Georg Cantor was a German mathematician who is partially credited with creating the foundation of modern general topology. Topology is a branch of mathematics that starts with logic and set theory, and applies measurement and classification such as ordering, shape, size, dimension. It is considered to be a foundational branch of mathematics in that many of the principles and theories have applications elsewhere. It is also the subject that made me want to know more, to keep studying mathematics. Georg Cantor and other mathematicians of his time had discovered theories that confounded logic as we know it, but were principally true nonetheless. One such theory deals with the question of “how many” and the set of all real numbers greater than 0 but less than 1.
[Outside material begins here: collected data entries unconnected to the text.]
-- ===== src/Graph.antt =====
-- graph/: the state of a case, the nodes that work on it and the graph that connects them.
pub mod State
pub mod Context
pub mod Confidence
pub mod Screening
pub mod Nodes
pub mod Builder
pub mod Assembly
pub mod Trail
Cantor Set - First Three Iterations

To begin with, start listing fractions beginning with 1/2 and continue to increase the denominator by 1 each fraction. The list goes like this: 1/2, 1/3, 1/4, 1/5, … and so on. Since there is no “largest denominator”, these fractions go on forever. There is an infinite number of them, and they are all contained between 0 and 1. Now the concept of infinity was not new in 1883. What indeed was new, was that not all infinities are equal. The above example is what mathematicians call a “countable” infinity. The definition of countable simply means that it has the same “quantity” as the integers themselves.

Now throw in irrational numbers as well. Take all of the numbers between 0 and 1. How many of these are there? Well, it was discovered that to even try to list them is impossible. In fact, take any two numbers in that interval. There will always be an infinite number between them… no matter how close together they are. Once a set of objects is uncountable, it begins to defy “common sense” logic. For example, it can be shown that there are just as many numbers between 0 and 1 as there are on the entire real number line. While this seems contradictory, it is the nature of microscopic infinity.

To put it in perspective, consider flying in an airplane high above the landscape. Start descending to the point where you can just make out a thin thread that is a highway stretching below. No individual cars can be seen; it appears to be just a thin line of light. As you descend, you begin to make out tiny shapes moving on the highway. The closer you get, the more possible it is to make out individual cars and discern spaces between them. As you approach, gaps between them increase and fewer are present in your field of vision. That is what the integers look like. If the cars represented all rational numbers, you would be curious to find that no matter how close you get, the row of cars appears unchanged. With each zoom, what before was invisible becomes visible; cars are in single file but just as dense and packed in. Still, you are seeing a countably infinite set. Even these are a mere drop compared to the ocean of the “reals”. The real number line has layers upon layers; they will not be placed in a line, for there are far too many of them. Endless microscopic rows appear, though moving along a thread.

Some had presumed that to be uncountably large, a set logically must have enough density so that its length (one-dimensional) or volume (multi-dimensional) would be greater than 0. But in 1883, Cantor showed this to be false. He presented the mathematical world with a set that had infinitely infinite number of members but whose length is 0. It was called the Cantor set. His set involved the number line, removing middle third of each remaining segment (see picture above) until all that remained was still uncountable but had total length 0. Here is a demonstration of a 2-dimensional example of a Cantor-type set:

Sierpinski Triangle

If this pattern were to be repeated an infinite number of times, it can be proven that the “black” portion that remains is an uncountable number of “dots” with area = 0. It is called the Sierpinski Triangle and is one of the most basic examples of what is called a fractal. Fractal Explained Hence the Cantor Set, infinitely complex but measure of 0, was born.

Come to think of it, House Majority Leader Eric Cantor and Georg Cantor have at least two things in common: both defy common sense and both arrive at seemingly contradictory conclusions. Perhaps there is a family connection.